Such calculations are futile, because the duration of the mean lunation
gets progressively shorter, in terms of mean solar days, and is
therefore a moving target over long cycle lengths.  You have also used
a mean synodic month that is a bit more than a second too long for the
present era.

Using the present-era mean synodic month of approximately
29.53058766633 days, my 353-year Rectified Hebrew Calendar leap cycle
with 4366 lunations is 128930.54575 days, which is very close to
128930.5, so a double cycle of 706 years is very close to an integer
number of days = about 257861.0915 mean solar days, which is 2h 11m 46s
in excess of a whole number of days.  However, if one takes into
account the progressive shortening of the mean synodic month over that
interval, by using the average mean synodic month over the 706 year
period, about 29.5305862865 mean solar days, then the 706-year period
starting this year has about 257861.0794 mean solar days, which is 1h
54m 20s in excess of a whole number of days.

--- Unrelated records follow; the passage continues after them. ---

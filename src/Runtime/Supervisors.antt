-- ===== src/Runtime/Supervisors.antt =====
-- src/runtime.rs: `spawn_supervisor`, and the id that it takes.
use runact.Prelude.{if_false, ◌∙◌, ◌-◌, ℕ, ◌+◌, ◌<◌, ◌^◌, ◌≡◌, ap, false, some, List, length}
use runact.Any.{Types, Any}
use runact.Channel.{Channels}
use runact.Actor.ActorId.{ActorId}
use runact.Actor.ActorId
use runact.Actor.Error.{ok}
use runact.Supervision.Strategy.{RestartStrategy, ChildSpec}
use runact.Runtime.{
  spawn_supervisor, MessageEnvelope, Runtime, next_id, insert_info, finish_supervisor,
}
use runact.Runtime.Counted.{IsCounted}
use runact.Runtime.Reached.{raw}

module _ {u : Types} {ch : Channels (MessageEnvelope u)} {rch : Channels (Any u)} where
  finish_supervisor_ok :
      (rt : Runtime u ch rch) (id : ActorId) (s : RestartStrategy) (cs : List ChildSpec)
      → rt.actors_poisoned ≡ false
      → finish_supervisor rt id s cs ≡ (ok id, insert_info rt id (some "supervisor"))
  unfolding finish_supervisor
  finish_supervisor_ok rt id s cs h = if_false _ _ h

  module _ {n : ℕ} (rt : Runtime u ch rch) (c : IsCounted n rt) (small : n < 2 ^ 64 - 1) where
    abbrev pub new_id : ActorId
    new_id = ActorId.new (length rt.actors + 1)

    -- The next id is the number of entries and one, and the call inserts its info there.
    pub spawn_supervisor_ok :
        (s : RestartStrategy) (cs : List ChildSpec)
        → spawn_supervisor rt s cs ≡ (ok new_id, insert_info rt new_id (some "supervisor"))
    unfolding spawn_supervisor next_id
    spawn_supervisor_ok s cs =
        if_false _ _ c.actors_ok
        ∙ finish_supervisor_ok rt (next_id rt) s cs c.actors_ok
        ∙ ap (λ id. (ok id, insert_info rt id (some "supervisor")))
            (ap ActorId.new (raw rt small c))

This calculation says nothing about the goodness of fit of the
"rectified molad", because there is no a priori reason why the leap
cycle length should be associated with an integer number of days with
respect to the number of lunations in the cycle.  As far as I can tell,
the rectified molad has zero error.

What Karl is trying to do, it seems, is substitute a simple fixed
arithmetic leap cycle calculation for the combination of a molad with a
separate solar leap cycle.  This makes me wonder if something like my
linear approximation progressive leap rule may be a good approach here,
except that there would only be the straight diagonal line part, no
horizontal plateau at an earlier or later epoch.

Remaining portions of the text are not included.